RFC: Generic job/message queue in PubSweet
It's become clear that we need a mechanism for long running jobs and messaging (in the programming sense, #356) in PubSweet.
The things that need it are e.g.: document conversion, sending a number of emails, semantic extraction, notifying interested processes about data updates.
As messaging queues (as described in #356) and job queues are for in many aspects the same thing, I propose we merge them and address at the same time, with the same tech stack.
The overall architecture would be very simple and has three parts:
- message producers,
- queue,
- message processors.
For example:
- A message producer could be somewhere in the business logic for accepting a manuscript: when a manuscript is accepted, the message producer adds a message
{type: 'manuscript-accepted', manuscriptId: 'someUuid'}
to themanuscript
queue. - A queue receives this and notifies any listening message processors
- A message processor, listening to all messages on the
manuscript
, is notified, and proceeds to process the message according to the data it contains (in this case, for example, it sends an acceptance email to the authors of the manuscript).
There are a number of features that this system must have:
- Capability for multiple nodes (distributed)
- Retrying failed jobs
- Progress reporting
- Delaying jobs to occur at an opportune time
Message producers
The required functionality here is straightforward: there needs to be a way for message producers to simply add/send/submit a JSON message to a queue with a name:
const queue = new Queue('queue-name')
queue.send({message: 'hello'})
Queue
The way to address this usecase, in the technical sense, is the introduction of a job queue (https://github.com/Automattic/kue, https://github.com/OptimalBits/bull), but this almost invariably brings additional service dependencies (such as Redis), which is what we'd like to avoid, if possible, as it makes development, debugging and deployment trickier.
Fortunately, Postgres, the one service we already depend on, also supports a proper distributed messaging queue (https://blog.2ndquadrant.com/what-is-select-skip-locked-for-in-postgresql-9-5/). Until recently, there hasn't been a mature solution using this mechanism in Node.js, but a new package appeared on my radar (pg-boss
) and a 3.0 release is around the corner: https://github.com/timgit/pg-boss/issues/79. Using Postgres and pg-boss
as the technology backing our queue would keep our stack thin while, at our scale, not losing anything. At super scales like eBay, Facebook, etc, this would not work, and we'd be better off with a dedicated service for queueing (Redis or RabbitMQ) but I've yet to see a Postgres database reach a real limit in scalability in any normal project.

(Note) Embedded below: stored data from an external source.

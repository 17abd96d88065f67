-- ===== src/Compression/Handshake/RoundTrip.antt =====
-- src/compression.rs: the offer, read by its own parser. There are 256 offers, which are checked one
-- by one for what the parser looks for.
use ws_fabric.Prelude.{
  ℕ, ◌+◌, ◌-◌, ◌≡◌, refl, ap, ◌∙◌, Bool, true, false, [], ◌∷◌, ◌++◌, some, arith, Text, text_of,
}
use ws_fabric.Prelude.Tables.{all_below, all_below_lem}
use ws_fabric.Error.{ok}
use ws_fabric.Text.{Unicode, join, contains}
use ws_fabric.Text.Decimal.{print, parse-print}
use ws_fabric.Compression.{CompressionConfig, default, is_window}
use ws_fabric.Compression.Limits.{IsValid}
use ws_fabric.Compression.Handshake.{
  server_bits_key, client_bits_key, server_takeover, client_takeover, flag, compression_offer,
  window_or, Regex, parse_compression_response,
}
use ws_fabric.Compression.Handshake.Layout.{
  Layout, Found, check, check_lem, captured_server, captured_client, offer_in_lower_case,
}

abbrev config : ℕ → ℕ → Bool → Bool → CompressionConfig
config s c f g = record default {
  server_max_window_bits = s;
  client_max_window_bits = c;
  server_no_context_takeover = f;
  client_no_context_takeover = g;
}

head : Text
head = text_of "permessage-deflate; "

end : Bool → Bool → Text
unfolding join
end f g = join (text_of "; ") ([] ∷ (flag f server_takeover ++ flag g client_takeover))

layout : ℕ → ℕ → Bool → Bool → Layout
unfolding head end
layout s c f g = record {
  offer = compression_offer (config s c f g);
  before_server = head;
  before_client = head ++ (server_bits_key ++ (print s ++ text_of "; "));
  server_digits = print s;
  client_digits = print c;
  after_server = text_of "; " ++ (client_bits_key ++ (print c ++ end f g));
  after_client = end f g;
  server_key = server_bits_key;
  client_key = client_bits_key;
  extension = text_of "permessage-deflate";
  server_flag = server_takeover;
  client_flag = client_takeover;
  given_server = f;
  given_client = g;
}

-- A number that is a window is one of eight.
window_lem :
    (p : ℕ → Bool) (n : ℕ) → all_below 8 (λ i. p (8 + i)) ≡ true → is_window n ≡ true → p n ≡ true
window_lem p n h window =
    let same : 8 + (n - 8) ≡ n = ground (arith, window) in
    rw same at (all_below_lem 8 (λ i. p (8 + i)) (n - 8) h (ground (arith, window)))

layout_table :
    (f g : Bool) → all_below 8 (λ s. all_below 8 (λ c. check (layout (8 + s) (8 + c) f g))) ≡ true
unfolding check layout compression_offer all_below print
layout_table true true = refl
layout_table true false = refl
layout_table false true = refl
layout_table false false = refl

layout-Found :
    (s c : ℕ) (f g : Bool) → is_window s ≡ true → is_window c ≡ true → Found (layout s c f g)
layout-Found s c f g ws wc = check_lem (layout s c f g) (
    window_lem (λ c'. check (layout s c' f g)) c
      (window_lem (λ s'. all_below 8 (λ c'. check (layout s' (8 + c') f g))) s (layout_table f g)
        ws)
      wc)

window_or-print : (old n : ℕ) → is_window n ≡ true → window_or old (some (print n)) ≡ n
window_or-print old n window = rw (parse-print 255 n (ground (arith, window))) (rw window refl)

-- An answer in which everything is found.
answer_lem :
    (u : Unicode) (r : Regex) (answer server client : Text) (f g : Bool)
    → u.to_lowercase answer ≡ answer
    → contains answer (text_of "permessage-deflate") ≡ true
    → r.captured answer server_bits_key ≡ some server
    → r.captured answer client_bits_key ≡ some client
    → contains answer server_takeover ≡ f
    → contains answer client_takeover ≡ g
    → parse_compression_response u r answer
      ≡ ok (record default {
        server_max_window_bits = window_or 15 (some server);
        client_max_window_bits = window_or 15 (some client);
        server_no_context_takeover = f;
        client_no_context_takeover = g;
      })
answer_lem u r answer server client f g lower extended es ec ef eg =
    rw (lower, extended, es, ec, ef, eg) refl

-- The offer of a valid configuration, read by its own parser, gives its windows and flags back, with
-- compression enabled and the default level and threshold, which the offer does not carry.
pub parse_compression_response-compression_offer :
    (u : Unicode) (r : Regex) (c : CompressionConfig)
    → IsValid c
    → parse_compression_response u r (compression_offer c)
      ≡ ok (record default {
        server_max_window_bits = c.server_max_window_bits;
        client_max_window_bits = c.client_max_window_bits;
        server_no_context_takeover = c.server_no_context_takeover;
        client_no_context_takeover = c.client_no_context_takeover;
      })
unfolding layout compression_offer
parse_compression_response-compression_offer u r c v =
    let sb = c.server_max_window_bits in
    let cb = c.client_max_window_bits in
    let f = c.server_no_context_takeover in
    let g = c.client_no_context_takeover in
    let ws : is_window sb ≡ true = ground (arith, v.server.0, v.server.1) in
    let wc : is_window cb ≡ true = ground (arith, v.client.0, v.client.1) in
    let l = layout sb cb f g in
    let found : Found l = layout-Found sb cb f g ws wc in
    answer_lem u r l.offer (print sb) (print cb) f g (offer_in_lower_case r l found u)
      found.extended (captured_server r l found refl) (captured_client r l found refl)
      found.server_flagged found.client_flagged
    ∙ ap ok (
        ap (λ n. config n (window_or 15 (some (print cb))) f g) (window_or-print 15 sb ws)
        ∙ ap (λ n. config sb n f g) (window_or-print 15 cb wc))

In terms of features, pg-boss
matches what we need, with two exceptions:
- It polls the database (once per second by default) instead of LISTENs/NOTIFYs (Postgres' pubsub). The author seems to have good reasons (https://github.com/timgit/pg-boss/issues/24), but this is something that we could look into and improve upstream, as there are solutions (in other languages) that use this combination out there (https://github.com/treycucco/pypgq, https://github.com/mbreit/pg_jobs, https://github.com/gavinwahl/django-postgres-queue)
- It doesn't have progress reporting, but the author suggests splitting jobs into multiple parts and then using job completion as a way to measure progress. Again this is something we could look into and improve, as other solutions out there do have built-in progress reporting.
Message processors
This is last bit of the system, but also an interesting one. An example of a message could be a document conversion job. For example, a message could say that file X.docx needs to be converted to HTML. A message processor in this case could be a process that runs XSweet. XSweet depends on Java and Saxon to run. How do we manage these dependencies sanely in development and in production? My proposal is that we allow message processor to be represented by Docker containers, containers that have all of the required dependencies, and contain e.g. a runner.js
that responds to the appropriate messages in the queue. Having processors in Docker containers is optional (you can also respond to messages from the same Node.js process), but should be fully supported, as it really widens the spectrum of easily handled jobs.
const queue = new Queue('queue-name')
queue.subscribe(message => {
processMessage(message)
})
Alternatives
There are many, as mentioned, and most rely on Redis. I think we should try to address our needed functionality within the scope described above, and if we can't, start discussing alternatives.
Wrap-up
I believe a system like proposed above could be simple and elegant, while adding a lot of functionality that production systems using PubSweet absolutely need.